Maybe the most telling factor of all about this week's attack on Afghanistan's Ashura gatherings was the way it coincided with the International conference in Bonn, convened just the day before to discuss and plan the country's future.

This was a major gathering at which Pakistani diplomats were conspicuously absent, having pulled out of the conference as a protest over the deaths of 24 of its soldiers in a recent American airstrike.

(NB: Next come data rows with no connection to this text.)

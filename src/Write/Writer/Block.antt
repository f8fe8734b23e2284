-- ===== src/Write/Writer/Block.antt =====
-- The one-block records as the format of a writer.
use mathlib.Core.List.{append_assoc}
use mathlib.Core.Path.{subst}
use oxihipo.Prelude.{
  ℕ, ◌+◌, ◌^◌, ◌<◌, ◌≡◌, refl, sym, ap, ◌∙◌, arith, false, List, ◌++◌, length, take, replicate,
  Bytes, ok, length-append, length-replicate, take-append-length, >>=-eq-ok, >>=-ne-panic,
  ok-ne-panic, panic, ◌≢◌, ok-injective,
}
use oxihipo.Wire.Bytes.{little, le_bytes, write_u32_le}
use oxihipo.Wire.Bytes.Laws.{write_le-append, length-le_bytes}
use oxihipo.Wire.Fields.{fields_bytes, length-fields_bytes}
use oxihipo.Wire.RecordHeader
use oxihipo.Wire.RecordHeader.{RecordHeader}
use oxihipo.Wire.RecordHeader.Fields.{HeaderWords, encode, fields, words_of, write-encode}
use oxihipo.Wire.RecordHeader.RoundTrip.{IsWellFormed, parse-write_record}
use oxihipo.Record.Codec.{Backends, compress}
use oxihipo.Record.Builder.{
  Compression, wire_tag, build_payload, block_header, block_pad, build_single_block_record_bytes,
}
use oxihipo.Record.Builder.Events.{little_header}
use oxihipo.Event.BankBuilder.{concat}
use oxihipo.Record.Codec.Total.{compress-ne-panic}
use oxihipo.Record.Builder.Build.{build_payload-index, index_of, block_header-IsWellFormed}
use oxihipo.Record.Builder.RoundTrip.{block_header-words}
use oxihipo.Write.Writer.{Format, Describes}

-- The `PerChunk` arm of `build_record_bytes`.
abbrev pub block_format : Backends → Format
block_format b = record { build = build_single_block_record_bytes b }

-- The record number stands in the second word of a header.
encode-number :
    (w : HeaderWords) (rest : Bytes)
    → (post : Bytes) × (encode little w ++ rest
        ≡ le_bytes 4 w.record_length ++ (le_bytes 4 w.record_number ++ post))
unfolding fields_bytes
encode-number w rest = (
  _,
  append_assoc (le_bytes 4 w.record_length) _ rest
      ∙ ap (λ x. le_bytes 4 w.record_length ++ x)
          (append_assoc (le_bytes 4 w.record_number) _ rest),
)

number_of-block_header :
    (evs : List Bytes) (u1 u2 : ℕ) (c : Compression) (n pad len : ℕ)
    → (block_header evs u1 u2 c n pad len).record_number ≡ n
unfolding block_header
number_of-block_header evs u1 u2 c n pad len = refl

renumber :
    (h : RecordHeader) (n : ℕ) (rest : Bytes)
    → h.record_number ≡ n
    → write_u32_le (encode little (words_of h) ++ rest) 4 n
      ≡ ok (encode little (words_of h) ++ rest)
renumber h n rest same =
    let (post, parts) = encode-number (words_of h) rest in
    let word : Bytes = le_bytes 4 (words_of h).record_length in
    ap (λ x. write_u32_le x 4 n) parts
    ∙ write_le-append 4 word (le_bytes 4 h.record_number) post 4 n (sym (length-le_bytes 4 _))
        (length-le_bytes 4 _)
    ∙ ap (λ k. ok (word ++ (le_bytes 4 k ++ post))) (sym same)
    ∙ ap ok (sym parts)

-- What a build went through.
pub record Built (b : Backends) (evs : List Bytes) (u1 u2 : ℕ) (c : Compression) (n : ℕ)
    (out : Bytes) : Type 0 where
  pub payload : Bytes
  pub stream : Bytes
  pub packed : build_payload evs ≡ ok payload
  pub compressed : compress b (wire_tag c) payload ≡ ok stream
  pub len : ℕ
  pub measured : len ≡ length stream + block_pad (length stream)
  pub padded : Bytes
  pub parts : padded ≡ stream ++ replicate (block_pad (length stream)) 0
  length_padded : length padded ≡ len
  pub result :
      out
      ≡ encode little (words_of (block_header evs u1 u2 c n (block_pad (length stream)) len))
        ++ padded

pub build-Built :
    (b : Backends) (evs : List Bytes) (u1 u2 : ℕ) (c : Compression) (n : ℕ) (out : Bytes)
    → build_single_block_record_bytes b evs u1 u2 c n ≡ ok out
    → Built b evs u1 u2 c n out
unfolding build_single_block_record_bytes
build-Built b evs u1 u2 c n out e =
    let (payload, packed, e1) = >>=-eq-ok (build_payload evs) _ e in
    let (stream, compressed, e2) = >>=-eq-ok (compress b (wire_tag c) payload) _ e1 in
    let padded : Bytes = stream ++ replicate (block_pad (length stream)) 0 in
    let h : RecordHeader = block_header evs u1 u2 c n (block_pad (length stream)) (length padded) in
    let (hdr, written, e3) = >>=-eq-ok (RecordHeader.write h (replicate 56 0)) _ e2 in
    record {
      payload = payload;
      stream = stream;
      packed = packed;
      compressed = compressed;
      len = length padded;
      measured =
          length-append stream (replicate (block_pad (length stream)) 0)
          ∙ ap (λ k. length stream + k) (length-replicate {A = ℕ} (block_pad (length stream)) 0);
      padded = padded;
      parts = refl;
      length_padded = refl;
      result =
          sym (ok-injective e3)
          ∙ ap (λ x. x ++ padded)
              (ok-injective (sym written ∙ write-encode h (replicate 56 0) refl));
    }

length-header : (h : RecordHeader) → length (encode little (words_of h)) ≡ 56
length-header h = length-fields_bytes false (fields (words_of h))

pub length-Built :
    {b : Backends} {evs : List Bytes} {u1 u2 : ℕ} {c : Compression} {n : ℕ} {out : Bytes}
    (p : Built b evs u1 u2 c n out)
    → length out ≡ 56 + p.len
length-Built {evs = evs} {u1} {u2} {c} {n} p =
    let h : RecordHeader = block_header evs u1 u2 c n (block_pad (length p.stream)) p.len in
    ap length p.result
    ∙ omega (
      arith,
      length-append (encode little (words_of h)) p.padded,
      length-header h,
      p.length_padded,
    )

-- A header that was built is well formed, where its record is below 1 GiB.
pub Built-parse :
    {b : Backends} {evs : List Bytes} {u1 u2 : ℕ} {c : Compression} {n : ℕ} {out : Bytes}
    → (p : Built b evs u1 u2 c n out) → u1 < 2 ^ 64
    → u2 < 2 ^ 64
    → n < 2 ^ 32
    → length out < 2 ^ 30
    → RecordHeader.parse (take 56 out)
      ≡ ok (block_header evs u1 u2 c n (block_pad (length p.stream)) p.len)
Built-parse {evs = evs} {u1} {u2} {c} {n} {out} p h1 h2 hn small =
    let h : RecordHeader = block_header evs u1 u2 c n (block_pad (length p.stream)) p.len in
    let fits : length p.stream + block_pad (length p.stream) < 2 ^ 30 =
      omega (arith, length-Built p, p.measured, small) in
    let good : IsWellFormed h =
      subst (λ k. IsWellFormed (block_header evs u1 u2 c n (block_pad (length p.stream)) k))
        (sym p.measured)
        (block_header-IsWellFormed evs u1 u2 c n (length p.stream) h1 h2 hn fits) in
    let front : take 56 out ≡ encode little (words_of h) =
      ap (take 56) p.result
      ∙ ap (λ k. take k (encode little (words_of h) ++ p.padded))
          {y = length (encode little (words_of h))} (sym (length-header h))
      ∙ take-append-length (encode little (words_of h)) p.padded in
    ap RecordHeader.parse front
    ∙ sym (rw (write-encode h (replicate 56 0) refl) refl)
    ∙ parse-write_record h (replicate 56 0) good
        (little_header evs u1 u2 c n (block_pad (length p.stream)) p.len) refl

pub block_format-Describes : (b : Backends) → Describes (block_format b)
block_format-Describes b = record {
  numbered = λ evs u1 u2 c n out e.
      let p = build-Built b evs u1 u2 c n out e in
      let h : RecordHeader = block_header evs u1 u2 c n (block_pad (length p.stream)) p.len in
      ap (λ x. write_u32_le x 4 n) p.result
      ∙ renumber h n p.padded
          (number_of-block_header evs u1 u2 c n (block_pad (length p.stream)) p.len)
      ∙ ap ok (sym p.result);
  headed = λ evs u1 u2 c n out e few h1 h2 hn small.
      let p = build-Built b evs u1 u2 c n out e in
      let (start, counted, numbered, first, second) =
        block_header-words evs u1 u2 c n (block_pad (length p.stream)) p.len few in
      (
        block_header evs u1 u2 c n (block_pad (length p.stream)) p.len,
        Built-parse p h1 h2 hn small,
        counted,
        first,
        second,
      );
}

-- The builder ends with a record or an error.
pub block_format-ne-panic :
    (b : Backends) (evs : List Bytes) (u1 u2 : ℕ) (c : Compression) (n : ℕ)
    → length evs < 2 ^ 30
    → build_single_block_record_bytes b evs u1 u2 c n ≢ panic
unfolding build_single_block_record_bytes
block_format-ne-panic b evs u1 u2 c n few = rw (build_payload-index evs few) (
    >>=-ne-panic (compress b (wire_tag c) (index_of evs ++ concat evs)) _
      (compress-ne-panic b (wire_tag c) (index_of evs ++ concat evs))
      (λ stream _.
        let padded : Bytes = stream ++ replicate (block_pad (length stream)) 0 in
        let h : RecordHeader =
          block_header evs u1 u2 c n (block_pad (length stream)) (length padded) in
        rw (write-encode h (replicate 56 0) refl) (ok-ne-panic _)))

Pakistan may be smarting, but there is no denying that the recent attempts to stoke up sectarian violence inside Afghanistan bear all the hallmarks of the modus operandi used by Lashkar-e Jhangvi on Pakistan's own soil.

To that end, they are perhaps best placed to cast some light on those responsible.

Could it be that we are witnessing the beginning of the "Pakistan-isation" of the Afghan conflict, just in time to coincide with a drawdown of international forces and presence in Afghanistan?

Yesterday, Pakistan was doggedly sticking to its call for an end to what it called the "blame game" after the Afghan government demanded action against Lashkar-e-Jhangvi.

Islamabad's protestations aside, Pakistan may yet have a lot of explaining to do.

In the meantime though, the Afghan people must be vigilant in ensuring that whenever and wherever possible, they do their utmost to shun cynical outside efforts to push them into sectarian civil war.